▶ **EXERCISE DETAILS**
Write out each line from the data below that includes the word "what".
--- START ---
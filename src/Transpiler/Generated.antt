-- ===== src/Transpiler/Generated.antt =====
-- The program that `Transpiler.generate` makes: when there is one, and what it includes.
use fcpp_bridge.Prelude.{
  String, true, some, List, [], ◌∷◌, ◌||◌, ◌==◌, ◌≡◌, refl, arith, string_key, inl, inr, sym, subst,
  ◌∙◌, Option-cases,
}
use fcpp_bridge.Prelude.Dict.{lookup}
use fcpp_bridge.Ipc.Exec.{Exc, Result, ok, err, Result-cases}
use fcpp_bridge.Transpiler.Syntax.{Stmts}
use fcpp_bridge.Transpiler.Visitor.{Visitor, new_visitor, fcpp_primitives, member}
use fcpp_bridge.Transpiler.Statements.{transpile_statements}
use fcpp_bridge.Transpiler.Expected.Statements.{trace_stmts}
use fcpp_bridge.Transpiler.Effects.{outcome}
use fcpp_bridge.Transpiler.Reports.{
  IsDistinct, uses, transpile_statements-replay, transpile_statements-names,
}
use fcpp_bridge.Transpiler.Builder.{
  CppCodeBuilder, new_builder, add_include, add_includes, add_declaration, add_helper,
  set_main_aggregate, member-add_include, member-add_includes, add_include-IsDistinct,
  add_includes-IsDistinct,
}
use fcpp_bridge.Transpiler.Program.{
  Library, Transpiler, skip_docstring, primitive_headers, finish_body, transpile_method_body,
  generate_compute, generate_initial_state, start_program, fill_builder, generate,
}
use fcpp_bridge.Dsl.CppTypes.{required_includes, includes_or_empty}

member-primitive_headers :
    (f h : String) (ps : List String)
    → lookup f fcpp_primitives ≡ some h
    → member f ps ≡ true
    → member h (primitive_headers ps) ≡ true
unfolding primitive_headers member
member-primitive_headers f h [] l m = m
member-primitive_headers f h (p ∷ ps) l m = elim (Option-cases (lookup p fcpp_primitives)) [
  | inl q ↦ ground (arith, q, string_key.same_iff p f, member-primitive_headers f h ps l)
  | inr (x, q) ↦ ground (
    arith,
    q,
    string_key.same_iff p f,
    string_key.same_iff x h,
    member-primitive_headers f h ps l,
  )
]

module _ (l : Library) (t : Transpiler) where
  -- The includes of the builder, by the primitives that the translation of `compute` used
  filled :
      {b : CppCodeBuilder} {body : String} {used : List String}
      → transpile_method_body l t.source ≡ ok (body, used)
      → fill_builder l t ≡ ok b
      → b.includes ≡ (add_includes (primitive_headers used) (start_program t.state_type)).includes
  unfolding fill_builder generate_compute generate_initial_state add_helper set_main_aggregate
  filled {b} {body} {used} q h = elim (Result-cases t.source.initial_source) [
    | inl (s, r) ↦ ground (arith, q, r)
    | inr (e, r) ↦ absurd (ground (arith, q, r))
  ]

  start-includes :
      (h : String)
      → member h (start_program t.state_type).includes ≡ (
          ("<fcpp/fcpp.hpp>" == h) || member h (includes_or_empty (required_includes t.state_type)))
  unfolding add_declaration member
  start-includes h = ground (
    arith,
    member-add_includes h (includes_or_empty (required_includes t.state_type))
        (add_include "<fcpp/fcpp.hpp>" new_builder),
    member-add_include h "<fcpp/fcpp.hpp>" new_builder,
  )

  start-IsDistinct : IsDistinct (start_program t.state_type).includes
  unfolding add_declaration
  start-IsDistinct = ground (
    arith,
    add_includes-IsDistinct (includes_or_empty (required_includes t.state_type))
        (add_include "<fcpp/fcpp.hpp>" new_builder),
    add_include-IsDistinct "<fcpp/fcpp.hpp>" new_builder tt,
  )

  unfilled :
      {e : Exc} {b : CppCodeBuilder}
      → transpile_method_body l t.source ≡ err e
      → fill_builder l t ≡ ok b
      → ⊥
  unfolding fill_builder generate_compute
  unfilled q h = ground (arith, q)

  finish-used :
      (r : Result String) (v : Visitor) {body : String} {used : List String}
      → finish_body l (r, v) ≡ ok (body, used)
      → used ≡ v.used_primitives
  unfolding finish_body
  finish-used (ok s) v q = ground arith
  finish-used (err e) v q = absurd (ground arith)

  finish-returns :
      (r : Result String) (v : Visitor)
      → outcome r ≡ ok tt
      → (p : String × List String) × (finish_body l (r, v) ≡ ok p)
  unfolding finish_body
  finish-returns (ok s) v q = (_, refl)
  finish-returns (err e) v q = absurd (ground arith)

  built :
      {p : String × List String} {source : String}
      → transpile_method_body l t.source ≡ ok p
      → t.source.initial_source ≡ ok source
      → (program : String) × (generate l t ≡ ok program)
  unfolding generate fill_builder generate_compute generate_initial_state
  built {p} q i = elim (Result-cases (generate l t)) [
    | inl r ↦ r
    | inr (e, r) ↦ absurd (ground (arith, q, i, r))
  ]

  -- No header is included twice in a program.
  pub fill_builder-IsDistinct :
      {b : CppCodeBuilder} → fill_builder l t ≡ ok b → IsDistinct b.includes
  fill_builder-IsDistinct {b} e = elim (Result-cases (transpile_method_body l t.source)) [
    | inr (x, q) ↦ absurd (unfilled q e)
    | inl ((body, used), q) ↦ subst IsDistinct (sym (filled q e)) (
        add_includes-IsDistinct (primitive_headers used) (start_program t.state_type)
          start-IsDistinct)
  ]

  module _ (stmts : Stmts) (parsed : t.source.compute_body ≡ ok stmts) where
    body_lem :
        transpile_method_body l t.source
        ≡ finish_body l
            (transpile_statements t.source.globals l.dump (skip_docstring stmts) new_visitor)
    unfolding transpile_method_body
    body_lem = rw parsed

    -- `generate` returns a program if the sources of both methods are there, that of `compute` parses
    -- to a body, and the translation of the body does not raise, also where the visitor recorded
    -- problems.
    pub generate-returns :
        {source : String}
        → t.source.initial_source ≡ ok source
        → (trace_stmts t.source.globals l.dump (skip_docstring stmts)).0 ≡ ok tt
        → (program : String) × (generate l t ≡ ok program)
    generate-returns i e =
        let m = transpile_statements t.source.globals l.dump (skip_docstring stmts) new_visitor in
        let f =
          transpile_statements-replay t.source.globals l.dump (skip_docstring stmts) new_visitor in
        let (p, q) = finish-returns m.0 m.1 (f.0 ∙ e) in built (body_lem ∙ q) i

    -- The program includes the header of every primitive that the translation of `compute` meets at a
    -- call. It goes into both branches of an `if`, the bodies of a `while` and of a `for` over a `range`
    -- of one to three arguments, and the cases of a `match`. Among what it does not go into are an
    -- assignment to anything but one name, the body of another `for`, and the `else` part of a loop.
    pub fill_builder-includes_primitive :
        (f h : String) {b : CppCodeBuilder}
        → uses f (trace_stmts t.source.globals l.dump (skip_docstring stmts)).1 ≡ true
        → lookup f fcpp_primitives ≡ some h
        → fill_builder l t ≡ ok b
        → member h b.includes ≡ true
    fill_builder-includes_primitive f h {b} u k e =
        elim (Result-cases (transpile_method_body l t.source)) [
          | inr (x, q) ↦ absurd (unfilled q e)
          | inl ((body, used), q) ↦
              let m =
                transpile_statements t.source.globals l.dump (skip_docstring stmts) new_visitor in
              let n = finish-used m.0 m.1 (sym body_lem ∙ q) in
              let p =
                transpile_statements-names t.source.globals l.dump (skip_docstring stmts)
                  new_visitor f in
              let w = member-primitive_headers f h used k in
              let a = member-add_includes h (primitive_headers used) (start_program t.state_type) in
              ground (arith, n, p, w, a, filled q e)
        ]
--- END ---
▶ **TASK RESULT**
-- The program that `Transpiler.generate` makes: when there is one, and what it includes.
    -- of one to three arguments, and the cases of a `match`. Among what it does not go into are an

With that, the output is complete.